_ENTRIES SHOWN_
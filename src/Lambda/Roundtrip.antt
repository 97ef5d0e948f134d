-- ===== src/Lambda/Roundtrip.antt =====
-- An invoker in front of the function that it names gives what the function computes.
use stdgo.Base.{ℕ, String, true, str_eq, ◌≡◌, refl, ◌∙◌}
use stdgo.Go.Context.{Context}
use stdgo.Go.Errors.{GoError, Result, ok, err}
use stdgo.Lambda.{Client, Json, handle, invoke}

-- What JSON documents: what it encodes it decodes to the same.
abbrev pub Encodes : {A : Type 0} → Json A → Type 0
Encodes {A} json = (a : A) (s : String) → json.marshal a ≡ ok s → json.unmarshal s ≡ ok a

-- What the platform hands back for a function's outcome: its response, or a payload with its error.
abbrev pub deployed : (error_payload : GoError → String) → Result String → Result (ℕ × String)
deployed error_payload (ok response) = ok (200, response)
deployed error_payload (err e) = ok (200, error_payload e)

module _ {I O : Type 0} (input : Json I) (output : Json O) where
  -- An invoker whose client reaches the platform that runs a JSON handler gives what the handler's
  -- function computes for the input, when the function succeeds, its output encodes to a payload
  -- with no error message in it, and both encodings decode what they encode.
  pub invoke-handle :
      (client : Client) (error_payload : GoError → String) (name : String) (ctx ctx' : Context)
      (f : Context → I → Result O) (inp : I) (out : O) (payload response : String)
      → Encodes input
      → Encodes output
      → client.invoke ctx name payload ≡ deployed error_payload (handle input output f ctx' payload)
      → input.marshal inp ≡ ok payload
      → f ctx' inp ≡ ok out
      → output.marshal out ≡ ok response
      → str_eq (client.error_message response) "" ≡ true
      → invoke input output client name ctx inp ≡ ok out
  unfolding handle invoke
  invoke-handle client error_payload name ctx ctx' f inp out payload response reads writes routes
        sent ran made quiet =
      let answers : client.invoke ctx name payload ≡ ok (200, response) =
        routes ∙ rw (reads inp payload sent, ran, made) refl in
      rw (sent, answers, quiet, writes out response made) refl
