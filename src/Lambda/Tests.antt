-- ===== src/Lambda/Tests.antt =====
-- A function that answers with its input, behind the client that invokes it.
use stdgo.Base.{String, [], ◌≡◌, refl}
use stdgo.Go.Context.{Context}
use stdgo.Go.Errors.{message, Result, ok}
use stdgo.Lambda.{Client, Json, handle, invoke}
use stdgo.Lambda.Roundtrip.{Encodes, invoke-handle}

abbrev json : Json String
json = record { marshal = ok; unmarshal = ok }

json-Encodes : Encodes json
json-Encodes a s h = cc

abbrev echo : Context → String → Result String
echo ctx inp = ok inp

abbrev client : Client
client = record {
  invoke = λ ctx _ payload. ok (200, payload);
  error_message = λ _. "";
  response_error = λ _. ok (message "");
}

invoke-handle_example : invoke json json client "echo" [] "hello" ≡ ok "hello"
unfolding handle
invoke-handle_example =
    invoke-handle json json client (λ _. "{}") "echo" [] [] echo "hello" "hello" "hello" "hello"
      json-Encodes json-Encodes refl refl refl refl refl
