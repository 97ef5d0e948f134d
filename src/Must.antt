-- ===== src/Must.antt =====
-- stdlo/must.go. A panic is the text that it carries; the values that a call returns are left to
-- `must1`, which the larger arities repeat. `fmt.Sprintf` is a parameter.
pub mod Laws
mod Tests
use Prim.Native.String.{◌++◌ as concat}
use stdgo.Base.{
  ℕ, String, Bool, true, false, Option, none, some, List, [], ◌∷◌, if◌then◌else◌, str_eq,
}
use stdgo.Go.Outcome.{Outcome, returned, panicked}

-- The `err any` argument: nil, a bool, an error with its text, or a value of another named type.
pub data ErrArg : Type 0 where
  nil : ErrArg
  flag : Bool → ErrArg
  error : (text : String) → ErrArg
  other_type : (name : String) → ErrArg

-- An argument of the message: a string, or another value.
pub data Arg : Type 0 where
  text : String → Arg
  value : ℕ → Arg

-- `plus_v` is `fmt.Sprintf("%+v", a)`.
pub record Fmt : Type 0 where
  pub plus_v : Arg → String
  pub sprintf : (format : String) → List Arg → String

module _ (fmt : Fmt) where
  abbrev pub single : Arg → String
  single (text s) = s
  single (value n) = fmt.plus_v (value n)

  -- `none` is the panic of the type assertion on the format.
  abbrev pub formatted : Arg → List Arg → Option String
  formatted (text format) args = some (fmt.sprintf format args)
  formatted (value n) args = none

  unfoldable pub message_from_msg_and_args : List Arg → Option String
  message_from_msg_and_args [] = some ""
  message_from_msg_and_args (a ∷ []) = some (single a)
  message_from_msg_and_args (a ∷ b ∷ l) = formatted a (b ∷ l)

  abbrev pub failed : (of_message : String → String) → Option String → Option String
  failed of_message none = some "interface conversion"
  failed of_message (some m) = some (of_message m)

  abbrev pub not_ok : String → String
  not_ok m = if str_eq m "" then "not ok" else m

  abbrev pub with_error : String → String → String
  with_error e m = if str_eq m "" then e else concat m (concat ": " e)

  -- The panic, if there is one.
  unfoldable pub must : ErrArg → List Arg → Option String
  unfolding message_from_msg_and_args
  must nil args = none
  must (flag true) args = none
  must (flag false) args = failed not_ok (message_from_msg_and_args args)
  must (error e) args = failed (with_error e) (message_from_msg_and_args args)
  must (other_type name) args =
      some
        (concat "must: invalid err type '" (concat name "', should either be a bool or an error"))

abbrev pub after : {T : Type 0} → T → Option String → Outcome T
after val none = returned val none
after val (some p) = panicked p

module _ (fmt : Fmt) where
  unfoldable pub must0 : ErrArg → List Arg → Outcome (Unit {0})
  unfolding must
  must0 e args = after tt (must fmt e args)

  unfoldable pub must1 : {T : Type 0} → T → ErrArg → List Arg → Outcome T
  unfolding must
  must1 val e args = after val (must fmt e args)

  unfoldable pub must2 : {T₁ T₂ : Type 0} → T₁ → T₂ → ErrArg → List Arg → Outcome (T₁ × T₂)
  unfolding must
  must2 val₁ val₂ e args = after (val₁, val₂) (must fmt e args)

  unfoldable pub must3 :
      {T₁ T₂ T₃ : Type 0} → T₁ → T₂ → T₃ → ErrArg → List Arg → Outcome (T₁ × T₂ × T₃)
  unfolding must
  must3 val₁ val₂ val₃ e args = after (val₁, val₂, val₃) (must fmt e args)

  unfoldable pub must4 :
      {T₁ T₂ T₃ T₄ : Type 0} → T₁ → T₂ → T₃ → T₄ → ErrArg → List Arg → Outcome (T₁ × T₂ × T₃ × T₄)
  unfolding must
  must4 val₁ val₂ val₃ val₄ e args = after (val₁, val₂, val₃, val₄) (must fmt e args)

  unfoldable pub must5 :
      {T₁ T₂ T₃ T₄ T₅ : Type 0}
      → T₁
      → T₂
      → T₃
      → T₄
      → T₅
      → ErrArg
      → List Arg
      → Outcome (T₁ × T₂ × T₃ × T₄ × T₅)
  unfolding must
  must5 val₁ val₂ val₃ val₄ val₅ e args = after (val₁, val₂, val₃, val₄, val₅) (must fmt e args)

  unfoldable pub must6 :
      {T₁ T₂ T₃ T₄ T₅ T₆ : Type 0}
      → T₁
      → T₂
      → T₃
      → T₄
      → T₅
      → T₆
      → ErrArg
      → List Arg
      → Outcome (T₁ × T₂ × T₃ × T₄ × T₅ × T₆)
  unfolding must
  must6 val₁ val₂ val₃ val₄ val₅ val₆ e args =
      after (val₁, val₂, val₃, val₄, val₅, val₆) (must fmt e args)
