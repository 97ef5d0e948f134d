-- ===== src/Must/Laws.antt =====
-- When a call of the package returns, and what its panic says.
use stdgo.Base.{String, true, false, Option, none, some, List, ◌≡◌, ◌≢◌, ◌↔◌, refl}
use stdgo.Go.Outcome.{returned}
use stdgo.Must.{
  ErrArg, nil, flag, error, other_type, Arg, Fmt, failed, message_from_msg_and_args, must, must1,
  after,
}

-- An argument that stands for success.
pub data Succeeds : ErrArg → Type 0 where
  no_error : Succeeds nil
  is_ok : Succeeds (flag true)

failed-panics : (fmt : Fmt) (f : String → String) (m : Option String) → failed fmt f m ≢ none
failed-panics fmt f none h = cc
failed-panics fmt f (some m) h = cc

must-Succeeds : (fmt : Fmt) (e : ErrArg) (args : List Arg) → must fmt e args ≡ none → Succeeds e
unfolding must
must-Succeeds fmt nil args h = no_error
must-Succeeds fmt (flag true) args h = is_ok
must-Succeeds fmt (flag false) args h =
    absurd (failed-panics fmt _ (message_from_msg_and_args fmt args) h)
must-Succeeds fmt (error x) args h =
    absurd (failed-panics fmt _ (message_from_msg_and_args fmt args) h)
must-Succeeds fmt (other_type n) args h = cc

after-eq-returned :
    {T : Type 0} (val val' : T) (p : Option String) → after val p ≡ returned val' none → p ≡ none
after-eq-returned val val' none h = refl
after-eq-returned val val' (some p) h = cc

Succeeds-returns :
    {T : Type 0} (fmt : Fmt) (val : T) (e : ErrArg) (args : List Arg)
    → Succeeds e
    → must1 fmt val e args ≡ returned val none
unfolding must1
Succeeds-returns fmt val nil args no_error = refl
Succeeds-returns fmt val (flag true) args is_ok = refl
Succeeds-returns fmt val (flag false) args s = elim s [ ]
Succeeds-returns fmt val (error e) args s = elim s [ ]
Succeeds-returns fmt val (other_type n) args s = elim s [ ]

-- `must1` returns its value exactly when the error argument is nil or true, whatever the message.
pub must1_lem :
    {T : Type 0} (fmt : Fmt) (val : T) (e : ErrArg) (args : List Arg)
    → (must1 fmt val e args ≡ returned val none) ↔ Succeeds e
unfolding must1
must1_lem fmt val e args = (
  (λ h. must-Succeeds fmt e args (after-eq-returned val val (must fmt e args) h)),
  (λ s. Succeeds-returns fmt val e args s),
)
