-- ===== src/Must/Tests.antt =====
-- A call that goes well, with a message for the case that it does not.
use stdgo.Base.{[], ◌∷◌, none, ◌≡◌, ◌↔◌}
use stdgo.Go.Outcome.{returned}
use stdgo.Must.{Fmt, text, nil, must1}
use stdgo.Must.Laws.{Succeeds, must1_lem}

abbrev fmt : Fmt
fmt = record { plus_v = λ _. "%+v"; sprintf = λ format _. format }

must1_ok : (must1 fmt tt nil (text "read" ∷ []) ≡ returned tt none) ↔ Succeeds nil
must1_ok = must1_lem fmt tt nil (text "read" ∷ [])
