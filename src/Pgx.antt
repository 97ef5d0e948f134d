-- ===== src/Pgx.antt =====
-- Packages stdtx/stdtxpgxv5, the driver of stdtx for the pgx library, and
-- fx/stdpgxtxfx, which wires it.
pub mod Library
pub mod Wtx
pub mod Driver
pub mod Wiring
pub mod Responses
mod Tests
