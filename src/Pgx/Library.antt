-- ===== src/Pgx/Library.antt =====
-- What stdtxpgxv5 calls of the pgx library, of encoding/json and of floating-point numbers. The
-- functions are parameters; `IsLibrary` states the documented behaviour that the driver relies on.
use stdgo.Base.{ℕ, String, Bool, false, Option, List, ◌≡◌}
use stdgo.Go.Context.{Context}
use stdgo.Go.Errors.{GoError, Result, tx_closed}
use stdgo.Stdtx.Driver.{Driver, IsDriver, Status, active}

pub data IsoLevel : Type 0 where
  serializable repeatable_read read_committed read_uncommitted : IsoLevel

pub data AccessMode : Type 0 where
  read_write read_only : AccessMode

-- The `pgxpool.Pool` and the `pgx.Tx` that it hands out. `exec` drops the
-- command tag, and `query_row_scan` is `tx.QueryRow(…).Scan(&text)`.
pub record Library (S Tx : Type 0) : Type 0 where
  pub begin : IsoLevel → AccessMode → Context → S → S × Result Tx
  pub rollback : Context → Tx → S → S × Option GoError
  pub commit : Context → Tx → S → S × Option GoError
  pub exec : Context → Tx → String → S → S × Result (Unit {0})
  pub query_row_scan : Context → Tx → String → S → S × Result String

-- `float64`, with what is used of it, and the decoding of the plan's total costs.
pub record Costs (Cost : Type 0) : Type 0 where
  pub zero_cost : Cost
  pub add : Cost → Cost → Cost
  pub not_positive : Cost → Bool
  pub exceeds : Cost → Cost → Bool
  pub unmarshal : String → Result (List Cost)

module _ {S Tx : Type 0} where
  -- The pool with no hooks, as a driver.
  abbrev pub plain_driver : Library S Tx → IsoLevel → AccessMode → Driver S Tx
  plain_driver lib iso mode = record {
    begin_tx = lib.begin iso mode;
    rollback_tx = lib.rollback;
    commit_tx = lib.commit;
    serialization_failure_codes = List.[];
    serialization_failure_max_retries = 0;
    tx_done_error = tx_closed;
  }

  -- `ends_tx` tells which statements end a transaction; any other leaves it open when it runs.
  pub record IsLibrary (lib : Library S Tx) (ends_tx : String → Bool) (status : S → Tx → Status)
      (commits : S → ℕ) : Type 0 where
    pub is_driver :
        (iso : IsoLevel) (mode : AccessMode) → IsDriver (plain_driver lib iso mode) status commits
    pub exec_keeps :
        (ctx : Context) (tx : Tx) (sql : String) (s : S)
        → ends_tx sql ≡ false
        → status s tx ≡ active
        → (status (lib.exec ctx tx sql s).0 tx ≡ active)
          × (commits (lib.exec ctx tx sql s).0 ≡ commits s)
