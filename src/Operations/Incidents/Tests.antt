-- ===== src/Operations/Incidents/Tests.antt =====
-- An incident that is assigned, and the theorems at it.
use mine_intelligence.Prelude.{List, Option, String, [], is_some, none, refl, some, true, ◌∷◌, ◌≡◌}
use mine_intelligence.Operations.Incidents.{
  Case, Request, add_note, assigned, can_transition, closed, create_incident, state_named,
  transition_incident,
}
use mine_intelligence.Operations.Incidents.Lifecycle.{
  Action, IsConsistent, apply, change, comment, history, history-IsConsistent, history_closed,
}
use mine_intelligence.Operations.Incidents.Timeline.{IsTold, history-IsTold}

abbrev born : Case
born = create_incident 0 "ran" "Overspeed" "overspeed" "warning" "ana" none none none 10

abbrev ask : Option String → Request
ask who = record {
  actor = "ana";
  note = none;
  assignee = who;
  resolution = none;
  resolution_category = none;
  now = 20;
}

abbrev script : List Action
script =
    change "resolved" (ask none)
    ∷ change "assigned" (ask (some "ben"))
    ∷ change "assigned" (ask none)
    ∷ comment "ana" "seen" 12
    ∷ []

assigned_state : (history born script).incident.state ≡ assigned
unfolding history apply create_incident add_note transition_incident state_named can_transition
assigned_state = refl

history-IsConsistent_example : IsConsistent (history born script).incident
history-IsConsistent_example =
    history-IsConsistent 0 10 "ran" "Overspeed" "overspeed" "warning" "ana" none none none script

history-IsTold_example : IsTold (history born script)
history-IsTold_example =
    history-IsTold 0 10 "ran" "Overspeed" "overspeed" "warning" "ana" none none none script

abbrev shut : Case
shut = (transition_incident born "closed" (ask none)).1

shut_closed : shut.incident.state ≡ closed
unfolding create_incident transition_incident state_named can_transition
shut_closed = refl

history_closed_example :
    let c' = history shut script in
    (c'.incident.state ≡ closed)
    × (is_some (transition_incident c' "open" (ask none)).0 ≡ true)
    × ((transition_incident c' "open" (ask none)).1 ≡ c')
history_closed_example = history_closed shut script "open" (ask none) shut_closed
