-- ===== src/Rules/Config.antt =====
-- src/minemonitor/rules/config.py: a zone's rules payload as a typed configuration. Distances are
-- in millimetres, speeds in metres an hour and times in microseconds, as whole numbers: the code
-- only compares and subtracts them. The payload is taken to hold values of the documented types;
-- `none` is a missing key, and for the keys that the code tests against None a null as well. A null
-- for another key is a TypeError of `int` or `float`, or the text "None", and is outside the model.
use mine_intelligence.Prelude.{List, Option, String, none, some, ℕ}

pub record RulesPayload : Type 0 where
  pub debounce_in : Option ℕ
  pub exit_debounce : Option ℕ
  pub hysteresis_m : Option ℕ
  pub min_entry_dwell_s : Option ℕ
  pub authorized_classes : Option (List String)
  pub speed_limit_kph : Option ℕ
  pub overspeed_consecutive : Option ℕ
  pub dwell_s : Option ℕ
  pub severity : Option String

pub record RuleConfig : Type 0 where
  pub debounce_in : ℕ
  pub exit_debounce : ℕ
  pub hysteresis_m : ℕ
  pub min_entry_dwell_s : ℕ
  pub authorized_classes : Option (List String)
  pub speed_limit_kph : Option ℕ
  pub overspeed_consecutive : ℕ
  pub dwell_s : Option ℕ
  pub breach_severity : String
  pub overspeed_severity : String
  pub dwell_severity : String

-- r.get(key, default)
abbrev pub get_or {ℓ} : {A : Type ℓ} → Option A → A → A
get_or none d = d
get_or (some a) d = a

abbrev pub stationary_kph : ℕ
stationary_kph = 1500

unfoldable pub parse_rules : RulesPayload → RuleConfig
parse_rules r = record {
  debounce_in = get_or r.debounce_in 2;
  exit_debounce = get_or r.exit_debounce 2;
  hysteresis_m = get_or r.hysteresis_m 15000;
  min_entry_dwell_s = get_or r.min_entry_dwell_s 0;
  authorized_classes = r.authorized_classes;
  speed_limit_kph = r.speed_limit_kph;
  overspeed_consecutive = get_or r.overspeed_consecutive 3;
  dwell_s = r.dwell_s;
  breach_severity = get_or r.severity "critical";
  overspeed_severity = get_or r.severity "warning";
  dwell_severity = get_or r.severity "warning";
}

_AIM OF THE EXERCISE_
After locating the line with "-- The panic, if there is one." above, return that line and every later line through the one with "after val none = returned val none", word for word and with nothing else.

_TASK RESPONSE_
  -- The panic, if there is one.
  unfoldable pub must : ErrArg → List Arg → Option String
  unfolding message_from_msg_and_args
  must nil args = none
  must (flag true) args = none
  must (flag false) args = failed not_ok (message_from_msg_and_args args)
  must (error e) args = failed (with_error e) (message_from_msg_and_args args)
  must (other_type name) args =
      some
        (concat "must: invalid err type '" (concat name "', should either be a bool or an error"))

abbrev pub after : {T : Type 0} → T → Option String → Outcome T
after val none = returned val none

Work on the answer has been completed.